— Your instructions —
Output the full listing verbatim.

────────────────────────────────────────

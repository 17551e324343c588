-- ===== src/LlmCommon/Swap.antt =====
-- kernel/src/llm_common.c: swapping two tokens of an array, and arrays of the same tokens.
use choco_os.Base.{
  ℕ, zero, suc, ◌+◌, ◌<◌, ◌≡◌, ◌∙◌, Bool, ◌==◌, if◌then◌else◌, List, [], ◌∷◌, length, set,
  length-set, get_or-set_self, get_or-set_ne, arith,
}
use choco_os.LlmCommon.{TokenIndex, no_token, token_at, swap_tokens}

-- How many tokens pass a test.
abbrev pub count : (TokenIndex → Bool) → List TokenIndex → ℕ
count test [] = 0
count test (x ∷ xs) = (if test x then 1 else 0) + count test xs

-- The same tokens, each as often.
abbrev pub SameTokens : List TokenIndex → List TokenIndex → Type 0
SameTokens xs ys = (test : TokenIndex → Bool) → count test xs ≡ count test ys

pub SameTokens_trans :
    (xs ys zs : List TokenIndex) → SameTokens xs ys → SameTokens ys zs → SameTokens xs zs
SameTokens_trans xs ys zs h k test = h test ∙ k test

count-set :
    (test : TokenIndex → Bool) (xs : List TokenIndex) (i : ℕ) (v : TokenIndex)
    → i < length xs
    → count test (set xs i v) + (if test (token_at xs i) then 1 else 0)
      ≡ count test xs + (if test v then 1 else 0)
count-set test [] i v h = absurd (omega arith)
count-set test (x ∷ xs) zero v h = omega arith
count-set test (x ∷ xs) (suc i) v h = omega (arith, count-set test xs i v (omega arith))

module _ (arr : List TokenIndex) (i j : ℕ) (hi : i < length arr) (hj : j < length arr) where
  pub length-swap_tokens : length (swap_tokens arr i j) ≡ length arr
  unfolding swap_tokens
  length-swap_tokens =
      length-set (set arr i (token_at arr j)) j (token_at arr i) ∙ length-set arr i (token_at arr j)

  pub swap_tokens_at :
      (k : ℕ)
      → token_at (swap_tokens arr i j) k
        ≡ (if k == j then token_at arr i else if k == i then token_at arr j else token_at arr k)
  unfolding swap_tokens
  swap_tokens_at k =
      let x = token_at arr i in
      let y = token_at arr j in
      let size = length-set arr i y in
      ground (
        arith,
        size,
        get_or-set_self (set arr i y) j x no_token,
        get_or-set_ne (set arr i y) j k x no_token,
        get_or-set_self arr i y no_token,
        get_or-set_ne arr i k y no_token,
      )

  pub swap_tokens-SameTokens : SameTokens (swap_tokens arr i j) arr
  unfolding swap_tokens
  swap_tokens-SameTokens test =
      let x = token_at arr i in
      let y = token_at arr j in
      let size = length-set arr i y in
      let first = count-set test arr i y hi in
      let second = count-set test (set arr i y) j x (omega arith) in
      let there : token_at (set arr i y) j ≡ y =
        ground (arith, get_or-set_self arr i y no_token, get_or-set_ne arr i j y no_token) in
      omega (arith, first, rw there at second)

────────────────────────────────────────

— Answer to this task —
repository 17551e324343c588
-- ===== src/LlmCommon/Swap.antt =====
-- kernel/src/llm_common.c: swapping two tokens of an array, and arrays of the same tokens.
use choco_os.Base.{
  ℕ, zero, suc, ◌+◌, ◌<◌, ◌≡◌, ◌∙◌, Bool, ◌==◌, if◌then◌else◌, List, [], ◌∷◌, length, set,
  length-set, get_or-set_self, get_or-set_ne, arith,
}
use choco_os.LlmCommon.{TokenIndex, no_token, token_at, swap_tokens}

-- How many tokens pass a test.
abbrev pub count : (TokenIndex → Bool) → List TokenIndex → ℕ
count test [] = 0
count test (x ∷ xs) = (if test x then 1 else 0) + count test xs

-- The same tokens, each as often.
abbrev pub SameTokens : List TokenIndex → List TokenIndex → Type 0
SameTokens xs ys = (test : TokenIndex → Bool) → count test xs ≡ count test ys

pub SameTokens_trans :
    (xs ys zs : List TokenIndex) → SameTokens xs ys → SameTokens ys zs → SameTokens xs zs
SameTokens_trans xs ys zs h k test = h test ∙ k test

count-set :
    (test : TokenIndex → Bool) (xs : List TokenIndex) (i : ℕ) (v : TokenIndex)
    → i < length xs
    → count test (set xs i v) + (if test (token_at xs i) then 1 else 0)
      ≡ count test xs + (if test v then 1 else 0)
count-set test [] i v h = absurd (omega arith)
count-set test (x ∷ xs) zero v h = omega arith
count-set test (x ∷ xs) (suc i) v h = omega (arith, count-set test xs i v (omega arith))

module _ (arr : List TokenIndex) (i j : ℕ) (hi : i < length arr) (hj : j < length arr) where
  pub length-swap_tokens : length (swap_tokens arr i j) ≡ length arr
  unfolding swap_tokens
  length-swap_tokens =
      length-set (set arr i (token_at arr j)) j (token_at arr i) ∙ length-set arr i (token_at arr j)

  pub swap_tokens_at :
      (k : ℕ)
      → token_at (swap_tokens arr i j) k
        ≡ (if k == j then token_at arr i else if k == i then token_at arr j else token_at arr k)
  unfolding swap_tokens
  swap_tokens_at k =
      let x = token_at arr i in
      let y = token_at arr j in
      let size = length-set arr i y in
      ground (
        arith,
        size,
        get_or-set_self (set arr i y) j x no_token,
        get_or-set_ne (set arr i y) j k x no_token,
        get_or-set_self arr i y no_token,
        get_or-set_ne arr i k y no_token,
      )

  pub swap_tokens-SameTokens : SameTokens (swap_tokens arr i j) arr
  unfolding swap_tokens
  swap_tokens-SameTokens test =
      let x = token_at arr i in
      let y = token_at arr j in
      let size = length-set arr i y in
      let first = count-set test arr i y hi in
      let second = count-set test (set arr i y) j x (omega arith) in
      let there : token_at (set arr i y) j ≡ y =
        ground (arith, get_or-set_self arr i y no_token, get_or-set_ne arr i j y no_token) in
      omega (arith, first, rw there at second)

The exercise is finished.